NAME

TmplTokenizer.pm - Simple-minded tokenizer class for HTML::Template .tmpl files

DESCRIPTION

Because .tmpl files contains HTML::Template directives that tend to confuse real parsers (e.g., HTML::Parse), it might be better to create a customized scanner to scan the template files for tokens. This module is a simple-minded attempt at such a scanner.

In addition to the basic scanning, this class will also perform the following:

-: Emulation of c-format strings (see below)
-: Display of warnings for certain things that affects either the ability of this class to yield correct output, or things that are known to cause the original template to cause trouble.
-: Automatic correction of some of the things warned about (e.g., SGML "closed start tag" notation).

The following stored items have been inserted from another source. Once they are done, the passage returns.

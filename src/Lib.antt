-- ===== src/Lib.antt =====
-- cctop, a terminal monitor of the load of a macOS system.
--
-- The program polls the system about once a second and redraws the terminal. Each component has a
-- module, with child modules for its parts and for what is proved of them:
--   Terminal     what the program is built on: ncurses, printf, the clock, floating point numbers
--   Console      lib/Console.h and lib/Console.cpp, class Console (Modes, Output, Gauge, Input, Session
--                and Size have its operations; Pairs has the table of colour pairs, which `#if 0`
--                leaves out of the program)
--   Debug        common/Debug.h and common/Debug.cpp, class Debug, the log file
--   Options      lib/Options.h and lib/Options.cpp, class Options
--   Help         lib/Help.h and lib/Help.cpp, class Help
--   Parser       lib/Parser.h and lib/Parser.cpp, classes Line and Parser, and their memory (Store)
--   Sampler      what the classes CPU, Disk and Network share: the maps last, current and delta,
--                `copy` and the loop of `update`. An instance of Stat gives the class of the entries
--   Cpu          macos/CPU.h and macos/CPU.cpp, classes CPUCore (Core, Print) and CPU
--   Disk         macos/Disk.h and macos/Disk.cpp, struct DiskStats (Stats) and class Disk
--   Network      macos/Network.h and macos/Network.cpp, structs Interface (Traffic) and class Network
--   Memory       macos/Memory.h and macos/Memory.cpp, class Memory
--   ProcessList  macos/ProcessList.h and macos/ProcessList.cpp, Process (Entry), `username` and
--                `groupname` (Users), class ProcessList
--   VirtualMemory  macos/VirtualMemory.h and macos/VirtualMemory.cpp, left out of the program by `#if 0`
--   Platform     macos/Platform.h and macos/Platform.cpp, classes BatteryInfo and Platform, the power
--                sources and the uptime (Sources)
--   Loop         main.cpp, a pass of `loop` with all the objects
--   Main         main.cpp, `main`: the question, the rounds with the wait for a key and the key; Boot has
--                the constructors of the objects, Program whole runs, Safety, Quitting, Going,
--                Restored and Written what holds of them
--   Prelude, Map, Sort   shared names and lemmas, std::map, std::sort and qsort
--   Tests        the theorems at concrete inputs
--
-- A method is a function from the state of its object to the new one. Where it uses the console, the
-- console is passed through it, and keeps the library calls that were made, the latest first; what the
-- library answers is a function of the calls before (Terminal.Env). What IOKit, sysctl, libproc and
-- the account databases answer is an argument. A statement that uses a null pointer makes the result
-- `none`; `exit` makes it `exited`, with the status and the console as its destructor leaves it.
--
-- Unsigned words are numbers with the wrap-around written out. The counts of lines, `uint16_t` in the
-- source, are not reduced: they are far below 65536 unless there are that many drives or interfaces.
-- A `double` is the expression that the code evaluates. Loops are recursive on their data or on
-- a count; the wait for a key recurs on fuel; a fuel above the timeout in milliseconds and what
-- there is to spare (`spare` of Terminal.Env) for polls that are ignored and a clock that is set is
-- enough (Console.Waiting), and `main` gives it one more than both. The bar of a core
-- recurs on 21, enough for its 20 cells (Cpu.Bar). A run of the program is a list of events: a round
-- with the answers of the system, or a signal. The order of an unordered_map is not specified, and
-- that of the keys is taken. The functions of Console do not pass on the log that two of them write
-- to: what the gauge writes there is `gauge_text` of Debug.
--
-- Not modelled: the build without ncurses and macos/Battery.cpp, which is compiled out;
-- common/Docker.cpp, which nothing calls; `sample` of macos/CPU.cpp, which nothing reads; the
-- handles of IOKit in macos/Disk.cpp; the process table that Platform::update fetches and nothing
-- reads; signals other than between two rounds; which allocator a block of memory is from,
-- and the memory of other classes than Parser.
pub mod Console
pub mod Cpu
pub mod Debug
pub mod Disk
pub mod Help
pub mod Loop
pub mod Main
pub mod Map
pub mod Memory
pub mod Network
pub mod Options
pub mod Parser
pub mod Platform
pub mod Prelude
pub mod ProcessList
pub mod Sampler
pub mod Sort
pub mod Terminal
pub mod Tests
pub mod VirtualMemory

c-format strings emulation

Because English word order is not universal, a simple extraction of translatable strings may yield some strings like "Accounts for" or ambiguous strings like "in". This makes the resulting strings difficult to translate, but does not affect all languages alike. For example, Chinese (with a somewhat different word order) would be hit harder, but French would be relatively unaffected.

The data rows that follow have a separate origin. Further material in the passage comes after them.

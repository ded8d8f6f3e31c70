-- ===== src/Prelude/Words.antt =====
-- Machine words: unsigned integers as numbers below a power of two, with the wrap-around written out.
use cctop.Prelude.{ℕ, ◌+◌, ◌-◌, ◌*◌, ◌%◌, ◌^◌, ◌<◌, ◌≡◌, arith}

abbrev pub u16_mod : ℕ
u16_mod = 2 ^ 16

abbrev pub u32_mod : ℕ
u32_mod = 2 ^ 32

abbrev pub u64_mod : ℕ
u64_mod = 2 ^ 64

-- `uint64_t` arithmetic
unfoldable pub add64 : ℕ → ℕ → ℕ
add64 a b = (a + b) % u64_mod

unfoldable pub sub64 : ℕ → ℕ → ℕ
sub64 a b = (a + u64_mod - b) % u64_mod

unfoldable pub mul64 : ℕ → ℕ → ℕ
mul64 a b = (a * b) % u64_mod

-- A value of type `uint16_t`.
abbrev pub to_u16 : ℕ → ℕ
to_u16 n = n % u16_mod

-- The difference of two readings of a counter is what the counter moved on by, also across a wrap.
pub sub64-add64 : (a d : ℕ) → a < u64_mod → d < u64_mod → sub64 (add64 a d) a ≡ d
unfolding sub64 add64
sub64-add64 a d ha hd = omega arith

To overcome this problem, the scanner can be configured to detect patterns with <TMPL_VAR> directives (as well as certain HTML tags), and try to construct a larger pattern that will appear in the PO file as c-format strings with %s placeholders. This additional step allows the translator to deal with cases where word order is different (replacing %s with %1$s, %2$s, etc.), or when certain words will require certain inflectional suffixes in sentences.

Because this is an incompatible change, this mode must be explicitly turned on using the set_cformat(1) method call.

The flag characters

The character % is followed by zero or more of the following flags:

#: The value comes from HTML <INPUT> elements. This abuse of the flag character is somewhat reasonable, since TMPL_VAR and INPUT are both variables, but of different kinds.

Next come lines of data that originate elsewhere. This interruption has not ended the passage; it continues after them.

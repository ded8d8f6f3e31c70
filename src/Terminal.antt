-- ===== src/Terminal.antt =====
-- What the program is built on and does not implement: ncurses, termios, the C library's `printf`
-- and clock, and floating point arithmetic. The calls that the program makes are values, kept in a
-- trace; what a call returns is the parameter `Env`, a function of the trace up to that call.
use cctop.Prelude.{ℕ, suc, String, Bool, List, [], ◌∷◌, Option}
use cctop.Prelude.Int.{ℤ}

-- A `double` is the expression that the code evaluates. Only the comparisons and the conversion to
-- `int` of `Env` give it a meaning. `lit n k` is the decimal literal n / 10^k.
pub data Double : Type 0 where
  lit : ℕ → ℕ → Double
  of_u64 : ℕ → Double
  of_int : ℤ → Double
  -- a value that a library function returns
  outside : ℕ → Double
  add sub mul div : Double → Double → Double

pub data Arg : Type 0 where
  num : ℕ → Arg
  int : ℤ → Arg
  real : Double → Arg
  str : String → Arg
  chr : ℕ → Arg

-- A format string with its arguments, as `vsprintf` gets them.
pub record Text : Type 0 where
  pub format : String
  pub args : List Arg

pub data Attr : Type 0 where
  normal bold underline blink reverse : Attr

pub data Signal : Type 0 where
  sigwinch sigint sigterm : Signal
  other_signal : ℕ → Signal

pub data Call : Type 0 where
  initscr start_color endwin refresh clear clrtoeol : Call
  move : ℕ → ℕ → Call
  attron attroff : Attr → Call
  attrset_normal : Call
  color_on : ℤ → Call
  alloc_pair : ℕ → ℕ → Call
  curs_set : ℕ → Call
  raw cbreak keypad : Call
  newline : Call
  printw addwstr : Text → Call
  timeout : ℕ → Call
  getch gettimeofday : Call
  tcgetattr tcsetattr : Call
  signal : Signal → Call
  -- `printf` on the standard streams, outside ncurses
  out err : Text → Call

abbrev pub Trace : Type 0
Trace = List Call

-- The answers, each a function of the calls made before, the most recent call first.
pub record Env : Type 0 where
  pub cols : Trace → ℕ
  pub lines : Trace → ℕ
  pub getcury : Trace → ℕ
  -- `find_pair` and `alloc_pair` answer -1 if there is no pair
  pub find_pair : Trace → ℕ → ℕ → ℤ
  pub new_pair : Trace → ℕ → ℕ → ℤ
  -- `none` is ERR
  pub get_char : Trace → Option ℕ
  -- The fuel of a wait beyond its milliseconds: how many polls may end without a key and without
  -- waiting, and how many milliseconds the clock may be off. (See Console.Waiting.)
  pub spare : ℕ
  -- milliseconds of `gettimeofday`
  pub millis : Trace → ℕ
  -- the length of the formatted text
  pub strlen : Text → ℕ
  -- `a < b`, `a == b` and `int(a)` of doubles
  pub lt : Double → Double → Bool
  pub eq : Double → Double → Bool
  pub to_int : Double → ℤ

-- The lines that a trace has completed.
unfoldable pub newlines : Trace → ℕ
newlines [] = 0
newlines (newline ∷ t) = suc (newlines t)
newlines (_ ∷ t) = newlines t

The field width and precision

An optional 0.0 can be specified for %s to specify that the <TMPL_VAR> should be suppressed.

The conversion specifier

p: Specifies any input field that is neither text nor hidden (which currently mean radio buttons). The p conversion specifier is chosen because this does not evoke any certain sensible data type.
S: Specifies a text input field (<INPUT TYPE=TEXT>). This use of the S conversion specifier is somewhat reasonable, since text input fields contain values of undeterminable type, which can be treated as strings.
s: Specifies a <TMPL_VAR>. This use of the o conversion specifier is somewhat reasonable, since <TMPL_VAR> denotes values of undeterminable type, which can be treated as strings.

BUGS

There is no code to save the tag name anywhere in the scanned token.

The use of <Ai> to stand for the ith anchor is not very well thought out. Some abuse of c-format specifies might have been more appropriate.

HISTORY

This tokenizer is mostly based on Ambrose's hideous Perl script known as subst.pl.